Information given:

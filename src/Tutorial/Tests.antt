-- ===== src/Tutorial/Tests.antt =====
-- The tutorial's tool on concrete texts: tutorial_agents/agent_with_tool/hand_evaluator_tool.py.
use adk_poker.Base.{
  ℕ, ◌*◌, ◌+◌, ◌≤◌, ◌<◌, ◌≡◌, refl, inl, List, [], ◌∷◌, arith, Text, codes, if◌then◌else◌, some,
}
use adk_poker.Result.{ok, raise, value_error, Yields}
use adk_poker.Cards.{Suit, Card, hearts, diamonds, clubs, spades}
use adk_poker.Cards.Text.{card_text}
use adk_poker.Ranking.{HandResult, high_card, straight_flush}
use adk_poker.Evaluator.{evaluate_hand, evaluate_five_cards, sort_cards, combinations, is_flush}
use adk_poker.Tutorial.Parse.{parse_card}
use adk_poker.Tutorial.Simple.{eval_five, simple_evaluate}
use adk_poker.Tutorial.Tool.{hand_evaluator_tool, score_ninths}
use adk_poker.Tutorial.RoundTrip.{parse_card-card_text}
use adk_poker.Tutorial.Agrees.{
  is_steel_wheel, five_high_flush, eval_five-compared, simple_evaluate-evaluate_hand,
}
use adk_poker.Tutorial.Reports.{
  Tells, hand_evaluator_tool-Tells, hand_evaluator_tool_refused, score, score-bounds,
}

abbrev card : ℕ → Suit → Card
card rank suit = record { rank = rank; suit = suit }

spaced : parse_card (codes " 0 a S ") ≡ ok (card 14 spades)
unfolding parse_card
spaced = refl

ascii : parse_card (codes " 1 0 D ") ≡ ok (card 10 diamonds)
unfolding parse_card
ascii = refl

leading_zero : parse_card (codes "09♡") ≡ ok (card 9 hearts)
unfolding parse_card
leading_zero = refl

no_rank : parse_card (codes "♠") ≡ raise value_error
unfolding parse_card
no_rank = refl

parse_card-card_text_example :
    Yields (λ text. parse_card text ≡ ok (card 10 clubs)) (card_text (card 10 clubs))
parse_card-card_text_example = parse_card-card_text (card 10 clubs) (omega arith, omega arith)

abbrev hole : List Card
hole = card 14 hearts ∷ card 10 clubs ∷ []

abbrev hole_texts : List Text
hole_texts = codes "A♥" ∷ codes "10♣" ∷ []

abbrev board : List Card
board = card 10 hearts ∷ card 7 spades ∷ card 2 diamonds ∷ []

abbrev board_texts : List Text
board_texts = codes "10♥" ∷ codes "7♠" ∷ codes "2♦" ∷ []

hand_evaluator_tool-Tells_example :
    (hand : HandResult) × (simple_evaluate hole board ≡ ok (some hand))
    × Yields (Tells hand hole_texts board_texts) (hand_evaluator_tool hole_texts board_texts)
unfolding card_text
hand_evaluator_tool-Tells_example =
    hand_evaluator_tool-Tells hole board hole_texts board_texts
      ((omega arith, omega arith), ((omega arith, omega arith), tt))
      ((omega arith, omega arith), ((omega arith, omega arith), ((omega arith, omega arith), tt)))
      (refl, (refl, tt)) (refl, (refl, (refl, tt))) refl refl refl

hand_evaluator_tool_refused_example :
    hand_evaluator_tool (codes "A♥" ∷ []) board_texts ≡ raise value_error
unfolding card_text
hand_evaluator_tool_refused_example =
    hand_evaluator_tool_refused (card 14 hearts ∷ []) board (codes "A♥" ∷ []) board_texts
      ((omega arith, omega arith), tt)
      ((omega arith, omega arith), ((omega arith, omega arith), ((omega arith, omega arith), tt)))
      (refl, tt) (refl, (refl, (refl, tt))) (inl λ h. omega (arith, h))

-- One card may be in the hand and on the board.
shared_card : Yields (λ r. r.rank ≡ high_card) (hand_evaluator_tool hole_texts (codes "A♥" ∷ []))
unfolding hand_evaluator_tool
shared_card = (_, refl, refl)

abbrev steel_wheel : List Card
steel_wheel = card 5 hearts ∷ card 14 hearts ∷ card 2 hearts ∷ card 4 hearts ∷ card 3 hearts ∷ []

steel_wheel_run : Yields (λ r. r.rank ≡ straight_flush) (eval_five steel_wheel)
unfolding eval_five
steel_wheel_run = (_, refl, refl)

eval_five-compared_example : eval_five steel_wheel ≡ (
    if is_steel_wheel (sort_cards steel_wheel)
    then five_high_flush (sort_cards steel_wheel)
    else evaluate_five_cards steel_wheel)
eval_five-compared_example = eval_five-compared steel_wheel

simple_evaluate-evaluate_hand_example : simple_evaluate hole board ≡ evaluate_hand hole board
unfolding combinations is_flush sort_cards
simple_evaluate-evaluate_hand_example = simple_evaluate-evaluate_hand hole board (refl, tt)

score-bounds_example :
    (score 4 ≤ 10000)
    × (20000 * score_ninths 4 ≤ 18 * score 4 + 9)
    × (18 * score 4 ≤ 20000 * score_ninths 4 + 9)
    × (4 ≤ 9 → score 4 ≤ score 9)
    × (1 ≤ 4 → 4 < 9 → 9 ≤ 10 → score 4 < score 9)
score-bounds_example = score-bounds 4 9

Exercise directions: For this exercise, gather every line of the data that contains the word "clubs".

Solved exercise:
use adk_poker.Cards.{Suit, Card, hearts, diamonds, clubs, spades}
    Yields (λ text. parse_card text ≡ ok (card 10 clubs)) (card_text (card 10 clubs))
parse_card-card_text_example = parse_card-card_text (card 10 clubs) (omega arith, omega arith)
hole = card 14 hearts ∷ card 10 clubs ∷ []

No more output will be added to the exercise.